Don't use float to represent currency. Here is why

So you are building an e-commerce system or a personal expense tracker or whatever system that makes calculations using currency values, like calculating the total amount of dollars with taxes included or simply calculating the total price by multiplying. And for that, the most obvious choice for a beginner is to represent money as a float, as integers seem not fit for this task.

The Problem

I will be using Python in these examples, but most programming languages would yield similar results.

Let's calculate the total price for 3 burgers which costs $1.1 each:

burger_price = 1.1
amount = 3
total = burger_price * amount
# Expected 3.3, but got 3.3000000000000003 :(

What is happening here? This result would look awful on a shopping cart!

Even a simple addition leads to a strange result:

base_bonus = 0.2
additional_bonus = 0.1
total_bonus = base_bonus + additional_bonus
# Expected 0.3, but got 0.30000000000000004 :(

You might be thinking that the solution is really simple, just cut off after two digits!

total_bonus = 0.1 + 0.2
# 0.30000000000000004
corrected_total_bonus = round(total_bonus, 2)
# 0.3

That might work for something really simple, but if you keep making these floating point calculations and rounding off repeatedly, small rounding errors will accumulate and lead to a large calculation error. This will not be acceptable for an application that needs precision and also, rounding can lead to errors like this:

party_minimum = 5.0
party_result = 4.97
party_result = round(party_result, 1)
# 5.0
if party_result >= party_minimum:
    print('You can seat in the Parlament')
    print('You cannot seat at Parlament anymore')

# You can seat in the Parlament

In German parliamentary elections, a party with less than 5.0% of the vote cannot be seated. The Greens appeared to have a cliff-hanging 5.0%, until it was discovered (after the results had been announced) that they really had only 4.97%. The printout was to two figures, and the actual percentage was rounded to 5.0%.

Disasters already happened due to float precision:

On February 25, 1991, during the Gulf War, a Patriot missile defense system let a Scud get through. It hit a barracks, killing 28 people. The problem was in the differencing of floating point numbers obtained by converting and scaling an integer timing register.

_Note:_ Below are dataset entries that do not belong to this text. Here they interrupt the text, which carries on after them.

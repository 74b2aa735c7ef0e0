-- ===== src/Hover.antt =====
-- domain/ide/hover/service.go: the hovers of every file, with an index of what is registered. The
-- listener takes one document after another from the channel, so a run is a sequence of calls.
pub mod Model
pub mod Laws
pub mod Tests
use khulnasoft_lab_vulnmap_l.Prelude.Decimal.{decimal}
use khulnasoft_lab_vulnmap_l.Prelude.Strings.{contains}
use khulnasoft_lab_vulnmap_l.Prelude.Maps.{TextMap, lookup, store, delete}
use khulnasoft_lab_vulnmap_l.Prelude.{
  Text, codes, text_eq, Bool, true, false, ◌||◌, List, [], ◌∷◌, ◌++◌, Option, none, some,
  if◌then◌else◌,
}
use khulnasoft_lab_vulnmap_l.Vulnmap.Range.{Position, Range, overlaps}
use khulnasoft_lab_vulnmap_l.Vulnmap.Issue.{Issue}
use Model.{Hover, DocumentHovers}

-- `hoverIndexes` maps to true the texts of this list, and nothing else.
pub record HoverService : Type 0 where
  pub hovers : TextMap (List Hover)
  pub hover_indexes : List Text

abbrev pub new_service : HoverService
new_service = record { hovers = []; hover_indexes = [] }

-- `Position.String`, `Range.String`
position_string : Position → Text
position_string p = decimal p.line ++ (codes ":" ++ decimal p.character)

unfoldable pub range_string : Range → Text
unfolding position_string decimal
range_string r = position_string r.start ++ (codes "-" ++ position_string r.end)

-- `key + fmt.Sprintf("%v%v", newHover.Range, newHover.Id)`
unfoldable pub hover_index : Text → Hover → Text
hover_index key h = key ++ (range_string h.range ++ h.id)

unfoldable pub is_registered : Text → List Text → Bool
is_registered a [] = false
is_registered a (b ∷ bs) = text_eq b a || is_registered a bs

unfoldable pub hovers_at : Text → TextMap (List Hover) → List Hover
hovers_at key m = elim (lookup key m) [ none ↦ [] | some hs ↦ hs ]

unfoldable pub register_hover : Text → Hover → HoverService → HoverService
register_hover key h s = if is_registered (hover_index key h) s.hover_indexes then s else record s {
  hovers = store key (hovers_at key s.hovers ++ (h ∷ [])) s.hovers;
  hover_indexes = hover_index key h ∷ s.hover_indexes;
}

unfoldable pub register_each : Text → List Hover → HoverService → HoverService
register_each key [] s = s
register_each key (h ∷ hs) s = register_each key hs (register_hover key h s)

-- `registerHovers`
unfoldable pub register_hovers : DocumentHovers → HoverService → HoverService
register_hovers d s = register_each d.path d.hovers s

unfoldable pub drop_containing : Text → List Text → List Text
drop_containing document [] = []
drop_containing document (key ∷ keys) =
    let rest = drop_containing document keys in if contains key document then rest else key ∷ rest

-- `DeleteHover`
unfoldable pub delete_hover : Text → HoverService → HoverService
delete_hover path s = record s {
  hovers = delete path s.hovers;
  hover_indexes = drop_containing path s.hover_indexes;
}

-- `ClearAllHovers`
unfoldable pub clear_all_hovers : HoverService → HoverService
clear_all_hovers s = record s { hovers = []; hover_indexes = [] }

-- `isHoverForPosition`
unfoldable pub is_hover_for_position : Hover → Position → Bool
is_hover_for_position h pos = overlaps h.range (record { start = pos; end = pos })

-- `trackHoverDetails`: the issue that is reported, if the context is one.
tracked : Option Issue → List Issue → List Issue
tracked none rest = rest
tracked (some i) rest = i ∷ rest

unfoldable pub get_hover_from : List Hover → Position → Text × List Issue
unfolding tracked
get_hover_from [] pos = ([], [])
get_hover_from (h ∷ hs) pos =
    let (message, issues) = get_hover_from hs pos in
    if is_hover_for_position h pos
    then (h.message ++ message, tracked h.context issues)
    else (message, issues)

-- `GetHover`: the message, and the issues reported to the analytics.
unfoldable pub get_hover : Text → Position → HoverService → Text × List Issue
get_hover path pos s = get_hover_from (hovers_at path s.hovers) pos
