-- ===== src/Hover/Laws.antt =====
-- Registering, deleting and reading hovers.
use khulnasoft_lab_vulnmap_l.Prelude.Strings.{contains, contains-append_left}
use khulnasoft_lab_vulnmap_l.Prelude.Maps.{delete, lookup-store_self, lookup-delete}
use khulnasoft_lab_vulnmap_l.Prelude.{
  Text, text_eq, text_eq_iff, text_eq_refl, ◌≡◌, ◌≢◌, refl, true, false, List, [], ◌∷◌, ◌++◌,
  if◌then◌else◌, arith, All,
}
use khulnasoft_lab_vulnmap_l.Hover.Model.{Hover, DocumentHovers}
use khulnasoft_lab_vulnmap_l.Hover.{
  HoverService, range_string, hover_index, is_registered, hovers_at, register_hover, register_each,
  register_hovers, drop_containing, delete_hover,
}

IsRegistered : HoverService → Text → Type 0
IsRegistered s a = is_registered a s.hover_indexes ≡ true

register_hover-keeps :
    (key : Text) (h : Hover) (s : HoverService) (a : Text)
    → is_registered a s.hover_indexes ≡ true
    → is_registered a (register_hover key h s).hover_indexes ≡ true
unfolding register_hover is_registered
register_hover-keeps key h s a r = ground arith

register_hover_self :
    (key : Text) (h : Hover) (s : HoverService)
    → is_registered (hover_index key h) (register_hover key h s).hover_indexes ≡ true
unfolding register_hover is_registered
register_hover_self key h s = ground (arith, text_eq_refl (hover_index key h))

register_each-keeps :
    (key : Text) (hs : List Hover) (s : HoverService) (a : Text)
    → is_registered a s.hover_indexes ≡ true
    → is_registered a (register_each key hs s).hover_indexes ≡ true
unfolding register_each
register_each-keeps key [] s a r = r
register_each-keeps key (h ∷ hs) s a r =
    register_each-keeps key hs (register_hover key h s) a (register_hover-keeps key h s a r)

register_each-All :
    (key : Text) (hs : List Hover) (s : HoverService)
    → All (λ h. is_registered (hover_index key h) (register_each key hs s).hover_indexes ≡ true) hs
unfolding register_each
register_each-All key [] s = tt
register_each-All key (h ∷ hs) s = (
  register_each-keeps key hs (register_hover key h s) (hover_index key h)
      (register_hover_self key h s),
  register_each-All key hs (register_hover key h s),
)

registered_again :
    (key : Text) (hs : List Hover) (s : HoverService)
    → All (λ h. is_registered (hover_index key h) s.hover_indexes ≡ true) hs
    → register_each key hs s ≡ s
unfolding register_each register_hover
registered_again key [] s r = refl
registered_again key (h ∷ hs) s r = rw r.0 (registered_again key hs s r.1)

-- Registering the same document again changes nothing, whatever was registered before.
pub register_hovers_idem :
    (d : DocumentHovers) (s : HoverService)
    → register_hovers d (register_hovers d s) ≡ register_hovers d s
unfolding register_hovers
register_hovers_idem d s =
    registered_again d.path d.hovers (register_each d.path d.hovers s)
      (register_each-All d.path d.hovers s)

-- Deleting a file's hovers leaves none for that file, and every other file's hovers as they were.
pub hovers_at-delete_hover :
    (path other : Text) (s : HoverService)
    → hovers_at other (delete_hover path s).hovers
      ≡ (if text_eq path other then [] else hovers_at other s.hovers)
unfolding hovers_at delete_hover
hovers_at-delete_hover path other s = ground (arith, lookup-delete path other s.hovers)

-- The index of what a file's text occurs in is dropped, so nothing with that text is registered.
drop_containing-is_registered :
    (document a : Text) (keys : List Text)
    → contains a document ≡ true
    → is_registered a (drop_containing document keys) ≡ false
unfolding drop_containing is_registered
drop_containing-is_registered document a [] h = refl
drop_containing-is_registered document a (key ∷ keys) h =
    ground (arith, text_eq_iff key a, drop_containing-is_registered document a keys h)

added_again :
    (path other : Text) (h : Hover) (s : HoverService)
    → path ≢ other
    → contains other path ≡ true
    → hovers_at other (register_hover other h (delete_hover path s)).hovers
      ≡ hovers_at other s.hovers ++ (h ∷ [])
unfolding register_hover delete_hover hovers_at hover_index
added_again path other h s ne c =
    rw (drop_containing-is_registered path (hover_index other h) s.hover_indexes (index_contains c))
      (ground (
        arith,
        text_eq_iff path other,
        lookup-delete path other s.hovers,
        lookup-store_self other (hovers_at other (delete path s.hovers) ++ (h ∷ []))
            (delete path s.hovers),
      ))
  where
    index_contains : contains other path ≡ true → contains (hover_index other h) path ≡ true
    index_contains e = contains-append_left other (range_string h.range ++ h.id) path e

-- Deleting one path forgets the index of every other file whose path contains it, but keeps the
-- hovers of that file: a hover of it that is registered again is added once more, although the
-- file has it already.
pub delete_hover_duplicates :
    (path other : Text) (h : Hover) (s : HoverService)
    → path ≢ other
    → contains other path ≡ true
    → hovers_at other
        (register_hovers
          (record { path = other; hovers = h ∷ [] })
          (delete_hover path (register_hovers (record { path = other; hovers = h ∷ [] }) s))).hovers
      ≡ hovers_at other (register_hovers (record { path = other; hovers = h ∷ [] }) s).hovers
        ++ (h ∷ [])
unfolding register_hovers register_each
delete_hover_duplicates path other h s ne c =
    added_again path other h (register_hover other h s) ne c
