-- ===== src/Hover/Tests.antt =====
-- Runs of the hover service, and instances of the theorems about it.
use khulnasoft_lab_vulnmap_l.Prelude.Strings.{contains}
use khulnasoft_lab_vulnmap_l.Prelude.{codes, ◌≡◌, refl, [], ◌∷◌, ◌++◌, none}
use khulnasoft_lab_vulnmap_l.Vulnmap.Range.{Range}
use khulnasoft_lab_vulnmap_l.Hover.Model.{Hover, DocumentHovers}
use khulnasoft_lab_vulnmap_l.Hover.{
  new_service, range_string, hovers_at, register_hovers, delete_hover,
}
use khulnasoft_lab_vulnmap_l.Hover.Laws.{delete_hover_duplicates}

abbrev place : Range
place = record {
  start = record { line = 12; character = 0 };
  end = record { line = 12; character = 7 };
}

prints : range_string place ≡ codes "12:0-12:7"
unfolding range_string
prints = refl

abbrev hover : Hover
hover = record { id = codes "X"; range = place; message = codes "m"; context = none }

abbrev document : DocumentHovers
document = record { path = codes "/a/b"; hovers = hover ∷ [] }

delete_hover_duplicates_example :
    hovers_at
      (codes "/a/b")
      (register_hovers
        (record { path = codes "/a/b"; hovers = hover ∷ [] })
        (delete_hover (codes "/a") (
          register_hovers
            (record { path = codes "/a/b"; hovers = hover ∷ [] })
            new_service))).hovers
    ≡ hovers_at
        (codes "/a/b")
        (register_hovers (record { path = codes "/a/b"; hovers = hover ∷ [] }) new_service).hovers
      ++ (hover ∷ [])
unfolding contains
delete_hover_duplicates_example =
    delete_hover_duplicates (codes "/a") (codes "/a/b") hover new_service (λ e. cc e) refl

You can even fail a simple automated test and spend hours trying to figure out why:

assert 0.1 + 0.2 == 0.3
# Raises AssertionError!

Why does this happen?

Computers use zeros and ones to represent numbers. A bit can be a zero or a one. Modern computers usually use up to 64 bits to represent information, which means you can have up to 16 digits after the decimal point, which is a lot, but there is still a hard limit on the values that it is possible to represent.

As humans, we can easily understand the concept of 0.1. It is one tenth of something or 10% of something. But computers using zeros and ones will represent 0.1 as:


In which the 0011 part will be repeating infinitely.

But a 64-bit computer will cut the repeating part, so it will have just 16 digits after the decimal point. In this process of cutting to the allowed precision digits, it loses precision. So 0.1 that was fitted into 64-bit data will be just close enough to 0.1.

If we reveal the 20 digits that follow the decimal sign in a float:

decimal_one = 0.1
print(f'{decimal_one:.20f}') # 0.10000000000000000555
decimal_two = 0.2
print(f"{decimal_two:.20f}") # 0.20000000000000001110

We can see that we are indeed getting only the approximate value of a decimal number. And that is why you can see those unexpected results using floats.

Solution 1: Use the Decimal module

Python has a module called Decimal and it behaves like how a human would do Math:

from decimal import Decimal

burger_price = Decimal('1.1')
amount = 3
total = burger_price * amount # Decimal('3.3')
# 3.3

Note that it is possible to do Math operations with those Decimal objects:

Decimal('0.1') + Decimal('0.2')
# Decimal('0.3')

When creating Decimal objects, the float value should be passed as a string, otherwise, you would suffer again from precision issues that we wanted to avoid:

Decimal(0.1)  # Decimal('0.1000000000000000055511151231257827021181583404541015625')

Decimal('0.1') # Decimal('0.1')

When creating Decimal objects, it is possible to customize the level of precision, rounding rules, etc.

Solution 2: Use integers

It is possible to use integers to store the values and do the calculations. Only when there is a need to show the results for a human it would be divided by 100:

burger_price = 110
amount = 3
total = burger_price * amount # 330
# 3.3

This way will keep us in the safe realm of integers.

The downside is when calculating a number with a large number of digits. Float is represented as scientific notation so it is fast doing calculations, but using integers expect slower speeds.

Hope you find this article useful and happy decimal calculations!